On save, the string content is extracted to the sidecar file and replaced with {{include script.sh}}. On apply/diff, the file content is loaded back into the effective payload.

For array-backed fields with *, filenames get index suffixes: script-0.sh, script-1.sh, etc.

Transform pipelines

Operations support an ordered transforms array.
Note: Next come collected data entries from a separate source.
-- ===== src/Decisions/Triage.antt =====
-- graph-rag/src/decisions.js: what a triage verdict promises.
use gwarestrin.Base.{
  String, none, some, ◌≢◌, Option-cases, eq_refl, subst, ℕ, zero, suc, ◌≤◌, ◌≡◌, refl, inl, inr,
  Bool, true, ◌&&◌, Option, List, [], ◌∷◌, arith, ◌==◌, Bool-cases, &&-eq-true, any,
}
use gwarestrin.Decisions.{
  Number, plus, minus, nan, at_least, is_less, Candidate, rounded_level, at_index, candidate_at,
  candidate_index, chosen, probability, settle, Answers, Unsure, Choice, Settled, Open, Outcome,
  Verdict, settled, open_name, outcome, outcomes, settled_in, open_in, none_open, nothing, level_of,
  verdict_of, triage_verdict, settle_min, contradiction_min, or_zero, score_of,
}

-- A settled name is one of the unsure ones, with one of its candidates, at the threshold or above.
abbrev pub settles : Settled → Unsure → Bool
settles s u =
    s.name == u.name
    && (at_least settle_min s.p && any (λ c. c.rid == s.rid && c.label == s.label) u.candidates)

-- The unsure names in order, each either settled or left open under its own name.
pub data Divided : List Unsure → List Settled → List Open → Type 0 where
  finished : Divided [] [] []
  by_choice :
      (u : Unsure) (s : Settled) {us : List Unsure} {ss : List Settled} {os : List Open}
      → settles s u ≡ true
      → Divided us ss os
      → Divided (u ∷ us) (s ∷ ss) os
  by_master :
      (u : Unsure) (o : Open) {us : List Unsure} {ss : List Settled} {os : List Open}
      → o.name ≡ u.name
      → Divided us ss os
      → Divided (u ∷ us) ss (o ∷ os)

-- Does an outcome settle this name, or leave it open?
abbrev Decides : Unsure → Outcome → Type 0
Decides u (settled s) = settles s u ≡ true
Decides u (open_name o) = o.name ≡ u.name

at_index-any :
    (cs : List Candidate) (n : ℕ) (c : Candidate) (rid label : String)
    → at_index cs n ≡ some c
    → c.rid ≡ rid
    → c.label ≡ label
    → any (λ d. d.rid == rid && d.label == label) cs ≡ true
at_index-any [] n c rid label e er el = cc
at_index-any (d ∷ cs) zero c rid label e er el =
    let same : d ≡ c = cc in rw (same, er, el) (ground (arith, eq_refl rid, eq_refl label))
at_index-any (d ∷ cs) (suc n) c rid label e er el =
    ground (arith, at_index-any cs n c rid label e er el)

candidate_at-any :
    (cs : List Candidate) (o : Option ℕ) (c : Candidate)
    → candidate_at cs o ≡ some c
    → any (λ d. d.rid == c.rid && d.label == c.label) cs ≡ true
candidate_at-any cs none c e = cc
candidate_at-any cs (some n) c e = at_index-any cs n c c.rid c.label e refl refl

settle-Decides :
    (u : Unsure) (p : Number) (o : Option ℕ) → Decides u (settle u p (candidate_at u.candidates o))
settle-Decides u p o = elim (Option-cases (candidate_at u.candidates o)) [
  | inl e ↦ rw e refl
  | inr (c, e) ↦ elim (Bool-cases (at_least settle_min p)) [
    | inl sure ↦
        rw (e, sure) (ground (arith, sure, eq_refl u.name, candidate_at-any u.candidates o c e))
    | inr unsure ↦ rw (e, unsure) refl
  ]
]

outcome-Decides : (u : Unsure) (a : Option Choice) → Decides u (outcome u a)
unfolding outcome
outcome-Decides u a = settle-Decides u (probability a) (candidate_index (chosen a))

Divided-cons :
    (u : Unsure) (o : Outcome) (us : List Unsure) (os : List Outcome)
    → Decides u o
    → Divided us (settled_in os) (open_in os)
    → Divided (u ∷ us) (settled_in (o ∷ os)) (open_in (o ∷ os))
Divided-cons u (settled s) us os d h = by_choice u s d h
Divided-cons u (open_name o) us os d h = by_master u o d h

outcomes-Divided :
    (left i : ℕ) (who : ℕ → Option Choice) (us : List Unsure)
    → Divided us (settled_in (outcomes left i who us)) (open_in (outcomes left i who us))
unfolding outcomes
outcomes-Divided left i who [] = finished
outcomes-Divided zero i who (u ∷ us) = by_master u _ refl (outcomes-Divided zero i who us)
outcomes-Divided (suc left) i who (u ∷ us) =
    Divided-cons u (outcome u (who i)) us (outcomes left (suc i) who us) (outcome-Decides u (who i))
      (outcomes-Divided left (suc i) who us)

-- How the parts of a verdict agree; a level that is `none` comes of a score that is no number.
pub record IsVerdict (v : Verdict) : Type 0 where
  pub level_bound : (l : ℕ) → v.level ≡ some l → l ≤ 3
  pub level_none : v.level ≡ none → v.score ≡ nan
  pub level_zero :
      v.level ≡ some 0 → (v.left_open ≡ []) × (is_less v.contradiction contradiction_min ≡ true)
  pub worked_on : v.level ≢ some 0 → v.to_master ≡ true
  pub sampled : v.level ≡ some 0 → v.to_master ≡ v.sample

rounded_level-bounds : (score : ℕ) → (1 ≤ rounded_level score) × (rounded_level score ≤ 3)
rounded_level-bounds score = (ground arith, ground arith)

level_of-bounds : (score : Number) (l : ℕ) → level_of score ≡ some l → (1 ≤ l) × (l ≤ 3)
level_of-bounds (plus score) l h =
    subst (λ (l : ℕ). (1 ≤ l) × (l ≤ 3)) (let e : rounded_level score ≡ l = cc in e)
      (rounded_level-bounds score)
level_of-bounds (minus score) l h = let e : 1 ≡ l = cc in (omega arith, omega arith)
level_of-bounds nan l h = cc

level_of-none : (score : Number) → level_of score ≡ none → score ≡ nan
level_of-none (plus score) h = cc
level_of-none (minus score) h = cc
level_of-none nan h = refl

none_open-eq : (os : List Open) → none_open os ≡ true → os ≡ []
none_open-eq [] h = refl
none_open-eq (o ∷ os) h = cc

verdict_of-IsVerdict :
    (a : Answers) (random : ℕ) (os : List Outcome) → IsVerdict (verdict_of a random os)
verdict_of-IsVerdict a random os = elim (Bool-cases (nothing a os)) [
  | inl e ↦ record {
    level_bound = λ l h. let h' : some 0 ≡ some l = rw e at h in let z : 0 ≡ l = cc in omega arith;
    level_none = λ h. absurd (let h' : some 0 ≡ none = rw e at h in cc);
    level_zero = λ h.
        let (closed, rest) = &&-eq-true (none_open (open_in os)) _ e in
        let (calm, idle) =
          &&-eq-true (is_less (or_zero a.contradiction) contradiction_min) _ rest in
        (none_open-eq (open_in os) closed, calm);
    worked_on = λ h. absurd (h (rw e refl));
    sampled = λ h. rw e refl;
  }
  | inr e ↦ record {
    level_bound = λ l h. (level_of-bounds (score_of a.level) l (rw e at h)).1;
    level_none = λ h. level_of-none (score_of a.level) (rw e at h);
    level_zero = λ h.
        absurd (let low = level_of-bounds (score_of a.level) 0 (rw e at h) in omega (arith, low.0));
    worked_on = λ h. rw e refl;
    sampled = λ h.
        absurd (let low = level_of-bounds (score_of a.level) 0 (rw e at h) in omega (arith, low.0));
  }
]

-- The parts of a verdict agree: no level is above 3, and one that is no number comes of a score that is
-- none; level 0 means that no name is left open, that nothing contradicts, and that only a sample goes to
-- the master; anything else goes to the master. The unsure names, in their order, are each settled or
-- left open under that name, once: settled with a record id and a label of one of its candidates, at the
-- threshold or above.
pub triage_verdict-IsVerdict :
    (a : Answers) (unsure : List Unsure) (random : ℕ)
    → IsVerdict (triage_verdict a unsure random)
      × Divided unsure
          (triage_verdict a unsure random).settled
          (triage_verdict a unsure random).left_open
unfolding triage_verdict
triage_verdict-IsVerdict a unsure random =
    (verdict_of-IsVerdict a random (outcomes 6 0 a.who unsure), outcomes-Divided 6 0 a.who unsure)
Each step runs in sequence:

{
  "operations": {
    "create": {
      "transforms": [
        { "jqExpression": ". | .provider = .providerId" },
        { "excludeAttributes": ["/providerId"] }
      ]
    }
  }
}

Available transform types:

  • jqExpression -- arbitrary jq transformation
  • selectAttributes -- keep only these JSON Pointer paths
  • excludeAttributes -- remove these JSON Pointer paths

Recipes for common API patterns

Recipe 1: Friendly aliases with opaque IDs

{ "resource": { "id": "{{/id}}", "alias": "{{/name}}" } }

Repo directory uses name; API calls use id.
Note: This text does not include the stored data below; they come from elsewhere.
-- ===== src/Decisions/Examples.antt =====
-- A triage verdict at concrete answers.
use gwarestrin.Base.{ℕ, zero, suc, ◌≡◌, refl, true, false, Option, none, some, List, [], ◌∷◌}
use gwarestrin.Decisions.{nan, plus, Unsure, Choice, Answers, triage_verdict, outcomes, outcome}
use gwarestrin.Decisions.Triage.{IsVerdict, Divided, triage_verdict-IsVerdict}

abbrev two_names : List Unsure
two_names =
    record {
      name = "Sam";
      candidates =
          record { rid = "#1:1"; label = "Sam Hill" }
          ∷ record { rid = "#1:2"; label = "Sam Lee" }
          ∷ [];
    }
    ∷ record { name = "press"; candidates = record { rid = "#2:1"; label = "Press 4" } ∷ [] }
    ∷ []

abbrev who : ℕ → Option Choice
who zero =
    some (record {
      choice = some "c1";
      probabilities = ("c0", plus 100000) ∷ ("c1", plus 900000) ∷ [];
    })
who (suc n) = some (record { choice = some "c0"; probabilities = ("c0", plus 740000) ∷ [] })

abbrev answers : Answers
answers = record {
  who = who;
  level = some (record { probabilities = ("0", plus 900000) ∷ []; score = some (plus 1500000) });
  reason = none;
  contradiction = none;
}

verdict :
    ((triage_verdict answers two_names 0).settled
      ≡ record { name = "Sam"; rid = "#1:2"; label = "Sam Lee"; p = plus 900000 } ∷ [])
    × ((triage_verdict answers two_names 0).left_open
        ≡ record { name = "press"; p = plus 740000; pick = some "Press 4" } ∷ [])
    × ((triage_verdict answers two_names 0).level ≡ some 2)
    × ((triage_verdict answers [] 0).level ≡ some 0)
    × ((triage_verdict answers [] 0).to_master ≡ true)
    × ((triage_verdict answers [] 50000).to_master ≡ false)
unfolding triage_verdict outcomes outcome
verdict = (refl, refl, refl, refl, refl, refl)

-- A score that is no number has no level, and the master decides.
abbrev unscored : Answers
unscored = record answers { level = some (record { probabilities = []; score = some nan }) }

no_level :
    ((triage_verdict unscored [] 0).level ≡ none)
    × ((triage_verdict unscored [] 0).to_master ≡ true)
unfolding triage_verdict outcomes
no_level = (refl, refl)

triage_verdict-IsVerdict_example :
    IsVerdict (triage_verdict answers two_names 0)
    × Divided two_names
        (triage_verdict answers two_names 0).settled
        (triage_verdict answers two_names 0).left_open
triage_verdict-IsVerdict_example = triage_verdict-IsVerdict answers two_names 0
Recipe 2: Logical collection backed by a different endpoint

Use remoteCollectionPath to map /user-registry/ to /components, then filter with list transforms.

Recipe 3: Create and update use different endpoints

{
  "operations": {
    "create": { "path": "./execution" },
    "update": { "path": "./" }
  }
}

Recipe 4: Payload field names differ by operation

{
  "operations": {
    "create": {
      "transforms": [
        { "jqExpression": ". | .provider = .providerId" },
        { "excludeAttributes": ["/providerId"] }
      ]
    }
  }
}

Recipe 5: Filter mixed-type list responses

{
  "operations": {
    "list": {
      "transforms": [
        { "jqExpression": "[ .[] | select(.type == \"desired\") ]" }
      ]
    }
  }
}

Recipe 6: Suppress diff noise

Use compare.transforms to exclude server-generated fields like timestamps, versions, and computed status.

Recipe 7: Nested resources from a flat backend

Map logical child collections to the backend endpoint and filter list results by parent ID. Use resource("<logical-path>") inside list jq to resolve parent data when needed.

Working with metadata: the edit-verify loop

Inspect

# effective metadata (defaults + overrides)
declarest resource metadata get /corporations/acme

# only authored overrides
declarest resource metadata get /corporations/acme --overrides-only

Write

# set metadata from file
declarest resource metadata set /customers/ --payload customers-metadata.json

# set from stdin
cat metadata.json | declarest resource metadata set /customers/ --payload -

# remove metadata
declarest resource metadata unset /customers/

Verify

Always render operations after every change:

declarest resource metadata render /corporations/acme get
declarest resource metadata render /corporations/acme create
declarest resource metadata render /corporations/acme update
declarest resource metadata render /customers/ list

declarest resource explain /corporations/acme

Safe workflow

  1. Start at the highest shared collection (_/metadata.json).
  2. Add only the minimum overrides needed.
  3. Render operations to verify.
  4. Add deeper overrides only when a concrete exception appears.
  5. Test with resource save / resource apply on one resource before scaling.

Anti-patterns to avoid

  • Duplicating full metadata blocks at many levels.
  • Using resource-only metadata for subtree-wide behavior.
  • Forgetting arrays replace (accidentally dropping inherited values).
  • Editing metadata without checking rendered output.

OpenAPI inference

Use OpenAPI specs as a starting point for metadata:

# preview inferred metadata
declarest resource metadata infer /customers/

# persist inferred metadata
declarest resource metadata infer /customers/ --apply

Inference is a baseline. Advanced APIs almost always need manual overrides afterward.

Bundles

Bundles are reusable metadata packages for specific API products. Instead of writing metadata from scratch:

metadata:
  bundle: keycloak-bundle-1.0.0.tar.gz
  # or
  bundleFile: /path/to/keycloak-bundle-1.0.0.tar.gz

A bundle contains pre-built metadata trees, and optionally an OpenAPI spec, that map logical paths to the product's API. Available bundles include Keycloak and Rundeck.

At most one metadata source can be active: baseDir, bundle, or bundleFile.